Os Encontros Nacionais de Agroecologia (ENAs), realizados em quatro edições pela


ANA desde sua formação em 2002, são importantes locais de debate diálogo sobre a
agroecologia entre as esferas do governo e da sociedade civil. Segundo Petersen (2013), a
ABA-Agroecologia é reconhecida como um dos interlocutores chave no processo de
disseminação dos ideais agroecológicos em instituições de ensino no Brasil.

Relatório de Olivier de Schutter para a ONU

O professor Olivier de Shutter foi designado pela comissão das nações Unidas para os
Direitos Humanos como Relator Especial – cargo especial que possui as atribuições de
apresentar relatórios anuais sobre as atividades e estudos realizados com vistas à
implementação do mandato, ao Conselho de Direitos humanos e à Assembleia Geral. Além de
monitorar a situação do direito à alimentação em todo o mundo, identificando tendências
gerais relacionadas ao direito à alimentação; ainda deve realizar visitas a países para coletar
informações em primeira mão da situação relativa ao direito à alimentação em um país
específico. Deve também manter comunicação com os Estados e outras partes interessadas em
relação a supostos casos de violações do direito à alimentação e outras questões relacionadas
ao seu mandato. E, por fim, promover a plena realização do direito à alimentação através do
diálogo com os atores relevantes, participando de seminários, conferências e reuniões de
especialistas (OHCHR).

Olivier de Shutter é especialista em direitos sociais e econômicos e em globalização


econômica e direitos humanos. De Schutter atuou entre 2004 e 2008 como Secretário-Geral
da Federação Internacional de Direitos Humanos (FIDH). Foi eleito Membro do Comitê de
Direitos Econômicos, Sociais e Culturais das Nações Unidas, o qual integrou em 2015 e pelo
qual foi reeleito em 2019. Renunciou ao cargo em maio de 2020 para aceitar o mandato de
Relator Especial sobre pobreza extrema e direitos humanos. De Schutter tem contribuído
ativamente para o reforço da proteção dos direitos fundamentais na União Europeia, bem
como para o debate sobre as relações entre a UE e o Conselho da Europa. Entre 2002 e 2007,
foi o coordenador da Rede de Peritos Independentes em Direitos Fundamentais da UE, um
grupo de alto nível de peritos dos então 25 Estados-Membros da UE que prestava
aconselhamento à Comissão Europeia e ao Parlamento Europeu (Comissão LIBE) sobre a
proteção dos direitos fundamentais na União Europeia. Também atuou como membro do
Comitê Científico da Agência de Direitos Fundamentais da União Europeia (2013-2018).
Publicou amplamente sobre direitos econômicos e sociais e sobre a relação entre direitos
humanos e desenvolvimento. Ele também publicou extensivamente sobre corporações
transnacionais e direitos humanos, e é o fundador e editor-chefe do European Journal of
Human Rights (OHCHR).

Em seu relatório, de Shutter define a agroecologia como:


“...tanto uma ciência quanto um conjunto de práticas. Ela foi criada pela
convergência de duas disciplinas científicas: agronomia e ecologia.

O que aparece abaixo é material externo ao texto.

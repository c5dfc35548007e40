-- ===== src/Alert/Notices.antt =====
-- OnCycle over a history: the notifications of a quorum alert, and an evaluator that is closed.
use smokeping_go.Common.{
  ℕ, ◌≡◌, refl, sym, ap, ◌∙◌, subst, inl, inr, Bool, true, none, some, List, [], ◌∷◌, ◌++◌, arith,
  nat_beq, Bool-cases, Option-cases, length, Str, str_eq, append_assoc,
}
use smokeping_go.Common.Map
use smokeping_go.Cycle.{Cycle, id}
use smokeping_go.Alert.Key.{AggKey, key_eq, key_beq, key_beq_iff}
use smokeping_go.Alert.Window.{older, alert_freshness}
use smokeping_go.Alert.Queue.{AlertConfig, enabled}
use smokeping_go.Alert.Evaluate.{
  Config, Evaluator, Verdict, unknown, judge, evaluate_alert, evaluate, on_cycle,
}
use smokeping_go.Alert.Chain.{
  own_events, events_of, aggregate, Chain, Chain-append, judge-Local, judge-Chain, other-Chain,
}

pub record Delivery : Type 0 where
  pub clock : ℕ
  pub cycle : Cycle

-- The cycles in the order in which they reach OnCycle.
abbrev pub run : Config → Evaluator → List Delivery → Evaluator × List Verdict
run cfg e [] = (e, [])
run cfg e (d ∷ later) =
    let first = on_cycle cfg d.clock e d.cycle in
    let rest = run cfg first.0 later in (rest.0, first.1 ++ rest.1)

events_of-append :
    (k : AggKey) (xs ys : List Verdict) → events_of k (xs ++ ys) ≡ events_of k xs ++ events_of k ys
events_of-append k [] ys = refl
events_of-append k (x ∷ xs) ys =
    ap (◌++◌ (own_events k x)) (events_of-append k xs ys)
    ∙ sym (append_assoc (own_events k x) (events_of k xs) (events_of k ys))

module _ (cfg : Config) (target name : Str) (a : AlertConfig)
    (known : Map.lookup name cfg.alerts ≡ some a) (on : enabled a.quorum ≡ true) where
  abbrev this : AggKey
  this = (target, name)

  abbrev Linked : Evaluator → Evaluator × Verdict → Type 0
  Linked e r = Chain (aggregate this e) (own_events this r.1) (aggregate this r.0)

  same_alert :
      (n : Str) (b : AlertConfig)
      → name ≡ n
      → Map.lookup n cfg.alerts ≡ some b
      → enabled b.quorum ≡ true
  same_alert n b p found =
      ground (arith, on, sym known ∙ ap (λ m. Map.lookup m cfg.alerts) p ∙ found)

  judge-Linked :
      (cy : Cycle) (now : ℕ) (e : Evaluator) (n : Str) (b : AlertConfig) (cond : Cycle → Bool)
      → Map.lookup n cfg.alerts ≡ some b
      → Linked e (judge cfg cy now e n b cond)
  judge-Linked cy now e n b cond found = elim (Bool-cases (key_beq (id cy.target, n) this)) [
    | inl same ↦
        let p = (key_beq_iff (id cy.target, n) this).0 same in
        subst
          (λ k.
            Chain (aggregate k e) (own_events k (judge cfg cy now e n b cond).1)
              (aggregate k (judge cfg cy now e n b cond).0))
          p (judge-Chain cfg cy now e n b cond (same_alert n b (sym (ap (λ k. k.1) p)) found))
    | inr other ↦
        other-Chain cfg cy now e n b (judge cfg cy now e n b cond) this
          (λ p. ground (arith, (key_beq_iff (id cy.target, n) this).1 p))
          (judge-Local cfg cy now e n b cond)
  ]

  evaluate_alert-Chain :
      (cy : Cycle) (now : ℕ) (e : Evaluator) (n : Str) → Linked e (evaluate_alert cfg cy now e n)
  unfolding evaluate_alert
  evaluate_alert-Chain cy now e n = elim (Option-cases (Map.lookup n cfg.alerts)) [
    | inl missing ↦ subst (Linked e) (sym (unknown_alert missing)) refl
    | inr (b, found) ↦ elim (Option-cases (Map.lookup n e.conds)) [
      | inl missing ↦ subst (Linked e) (sym (unknown_cond b found missing)) refl
      | inr (cond, parsed) ↦
          subst (Linked e) (sym (judged b cond found parsed)) (judge-Linked cy now e n b cond found)
    ]
  ]
    where
      unknown_alert : Map.lookup n cfg.alerts ≡ none → evaluate_alert cfg cy now e n ≡ (e, unknown)
      unknown_alert h = rw (h, evaluate_alert) refl

      unknown_cond :
          (b : AlertConfig)
          → Map.lookup n cfg.alerts ≡ some b
          → Map.lookup n e.conds ≡ none
          → evaluate_alert cfg cy now e n ≡ (e, unknown)
      unknown_cond b h k = rw (h, k, evaluate_alert) refl

      judged :
          (b : AlertConfig) (cond : Cycle → Bool)
          → Map.lookup n cfg.alerts ≡ some b
          → Map.lookup n e.conds ≡ some cond
          → evaluate_alert cfg cy now e n ≡ judge cfg cy now e n b cond
      judged b cond h k = rw (h, k, evaluate_alert) refl

  evaluate-Chain :
      (cy : Cycle) (now : ℕ) (names : List Str) (e : Evaluator)
      → let r = evaluate cfg cy now e names in
        Chain (aggregate this e) (events_of this r.1) (aggregate this r.0)
  unfolding evaluate
  evaluate-Chain cy now [] e = refl
  evaluate-Chain cy now (n ∷ names) e =
      let e' = (evaluate_alert cfg cy now e n).0 in
      Chain-append (own_events this (evaluate_alert cfg cy now e n).1) _ _ _ _
        (evaluate_alert-Chain cy now e n) (evaluate-Chain cy now names e')

  on_cycle-Chain :
      (cy : Cycle) (now : ℕ) (e : Evaluator)
      → let r = on_cycle cfg now e cy in
        Chain (aggregate this e) (events_of this r.1) (aggregate this r.0)
  unfolding on_cycle
  on_cycle-Chain cy now e = elim (Bool-cases (nat_beq cy.sent 0)) [
    | inl empty ↦ rw empty refl
    | inr sent ↦ elim (Bool-cases (nat_beq (length cy.target.target.alerts) 0)) [
      | inl none' ↦ rw (sent, none') refl
      | inr some' ↦ elim (Bool-cases (older (alert_freshness cfg.interval) now cy.time)) [
        | inl old ↦ rw (sent, some', old) refl
        | inr fresh ↦ rw (sent, some', fresh) (evaluate-Chain cy now cy.target.target.alerts e)
      ]
    ]
  ]

  -- Over any history of cycles of any targets and sources, the notifications that a quorum alert has
  -- committed for a target lead without a gap from the first state of the aggregate to its last one:
  -- each reports a change, and begins in the state that the one before it announced.
  pub run-Chain :
      (history : List Delivery) (e : Evaluator)
      → let r = run cfg e history in
        Chain (aggregate this e) (events_of this r.1) (aggregate this r.0)
  run-Chain [] e = refl
  run-Chain (d ∷ later) e =
      let first = on_cycle cfg d.clock e d.cycle in
      rw (events_of-append this first.1 (run cfg first.0 later).1) (
        Chain-append (events_of this first.1) _ _ _ _ (on_cycle-Chain d.cycle d.clock e)
          (run-Chain later first.0))
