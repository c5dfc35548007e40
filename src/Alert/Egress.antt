-- ===== src/Alert/Egress.antt =====
-- What evaluation does to the delivery queues, whatever the history.
use smokeping_go.Common.{
  ℕ, ◌≡◌, ◌≢◌, sym, subst, inl, inr, Bool, Option, List, [], ◌∷◌, nat_beq, Bool-cases, Option-cases,
  length, Str, str_eq, All, All-append,
}
use smokeping_go.Common.Map
use smokeping_go.Cycle.{Cycle}
use smokeping_go.Alert.Window.{older, alert_freshness}
use smokeping_go.Alert.Queue.{
  Event, Queues, Action, AlertConfig, Outcome, accepted, refused, enqueue_dispatch,
}
use smokeping_go.Alert.State.{State}
use smokeping_go.Alert.Evaluate.{
  Config, Evaluator, Verdict, unknown, replayed, unchanged, committed, reverted, judge,
  evaluate_alert, evaluate, on_cycle,
}
use smokeping_go.Alert.Commit.{Agrees, judge_commits_what_is_queued}
use smokeping_go.Alert.Notices.{Delivery, run}

-- A property of the queues and of the verdicts that every offer keeps.
pub record Kept (P : Queues → Type 0) (V : Verdict → Type 0) : Type 0 where
  pub keeps :
      (actions : List (Str × Action)) (wants : Option (Event → Bool)) (q : Queues) (ev : Event)
      (q' : Queues) (o : Outcome)
      → P q
      → enqueue_dispatch actions wants q ev ≡ (q', o)
      → P q'
  pub commits :
      (actions : List (Str × Action)) (wants : Option (Event → Bool)) (q : Queues) (ev : Event)
      (q' : Queues)
      → P q
      → enqueue_dispatch actions wants q ev ≡ (q', accepted)
      → V (committed ev)
  pub otherwise : (v : Verdict) → ((ev : Event) → v ≢ committed ev) → V v

module _ (P : Queues → Type 0) (V : Verdict → Type 0) (kept : Kept P V) (cfg : Config) where
  Holds : Evaluator × Verdict → Type 0
  Holds r = P r.0.queues × V r.1

  judge-kept :
      (cy : Cycle) (now : ℕ) (e : Evaluator) (name : Str) (a : AlertConfig) (cond : Cycle → Bool)
      → P e.queues
      → Holds (judge cfg cy now e name a cond)
  unfolding Holds
  judge-kept cy now e name a cond h =
      go (judge cfg cy now e name a cond).0.queues _ _ (judge cfg cy now e name a cond).1
        (judge_commits_what_is_queued cfg cy now e name a cond)
    where
      go :
          (q' : Queues) (s t : State) (v : Verdict)
          → Agrees (enqueue_dispatch cfg.actions e.wants e.queues) e.queues q' s t v
          → P q' × V v
      go q' s t (committed ev) (_, _, _, o) = (
        kept.keeps cfg.actions e.wants e.queues ev q' accepted h o,
        kept.commits cfg.actions e.wants e.queues ev q' h o,
      )
      go q' s t (reverted ev r) (_, _, o) = (
        kept.keeps cfg.actions e.wants e.queues ev q' (refused r) h o,
        kept.otherwise _ (λ ev p. cc p),
      )
      go q' s t unknown (_, same) = (subst P (sym same) h, kept.otherwise _ (λ ev p. cc p))
      go q' s t (replayed d) (_, same) = (subst P (sym same) h, kept.otherwise _ (λ ev p. cc p))
      go q' s t unchanged (_, same) = (subst P (sym same) h, kept.otherwise _ (λ ev p. cc p))

  evaluate_alert-kept :
      (cy : Cycle) (now : ℕ) (e : Evaluator) (n : Str)
      → P e.queues
      → Holds (evaluate_alert cfg cy now e n)
  unfolding evaluate_alert Holds
  evaluate_alert-kept cy now e n h = elim (Option-cases (Map.lookup n cfg.alerts)) [
    | inl missing ↦ rw (missing, evaluate_alert) idle
    | inr (b, found) ↦ elim (Option-cases (Map.lookup n e.conds)) [
      | inl missing ↦ rw (found, missing, evaluate_alert) idle
      | inr (cond, parsed) ↦ rw (found, parsed, evaluate_alert) (judge-kept cy now e n b cond h)
    ]
  ]
    where
      idle : P e.queues × V unknown
      idle = (h, kept.otherwise unknown (λ ev p. cc p))

  AllHold : Evaluator × List Verdict → Type 0
  AllHold r = P r.0.queues × All V r.1

  evaluate-kept :
      (cy : Cycle) (now : ℕ) (names : List Str) (e : Evaluator)
      → P e.queues
      → AllHold (evaluate cfg cy now e names)
  unfolding evaluate AllHold Holds
  evaluate-kept cy now [] e h = (h, tt)
  evaluate-kept cy now (n ∷ names) e h =
      let first = evaluate_alert-kept cy now e n h in
      let rest = evaluate-kept cy now names _ first.0 in (rest.0, (first.1, rest.1))

  on_cycle-kept :
      (cy : Cycle) (now : ℕ) (e : Evaluator) → P e.queues → AllHold (on_cycle cfg now e cy)
  unfolding on_cycle AllHold
  on_cycle-kept cy now e h = elim (Bool-cases (nat_beq cy.sent 0)) [
    | inl empty ↦ rw empty (h, tt)
    | inr sent ↦ elim (Bool-cases (nat_beq (length cy.target.target.alerts) 0)) [
      | inl none' ↦ rw (sent, none') (h, tt)
      | inr some' ↦ elim (Bool-cases (older (alert_freshness cfg.interval) now cy.time)) [
        | inl old ↦ rw (sent, some', old) (h, tt)
        | inr fresh ↦ rw (sent, some', fresh) (evaluate-kept cy now cy.target.target.alerts e h)
      ]
    ]
  ]

  pub run-kept :
      (history : List Delivery) (e : Evaluator)
      → P e.queues
      → P (run cfg e history).0.queues × All V (run cfg e history).1
  unfolding AllHold
  run-kept [] e h = (h, tt)
  run-kept (d ∷ later) e h =
      let first = on_cycle-kept d.cycle d.clock e h in
      let rest = run-kept later _ first.0 in (rest.0, All-append V _ _ first.1 rest.1)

Como uma
ciência, a agroecologia é a aplicação da ciência ecológica ao estudo, projeto e gestão
de agro ecossistemas sustentáveis. Como um conjunto de práticas agrícolas, a
agroecologia busca maneiras de aperfeiçoar os sistemas agrícolas imitando
os processos naturais, criando, portanto, interações biológicas benéficas e sinergias
entre os componentes do agro ecossistema. A agroecologia é um conceito coerente
para projetar os sistemas agrícolas futuros, pois está fortemente enraizada tanto na
ciência quanto na prática” (DE SCHUTTER, 2010).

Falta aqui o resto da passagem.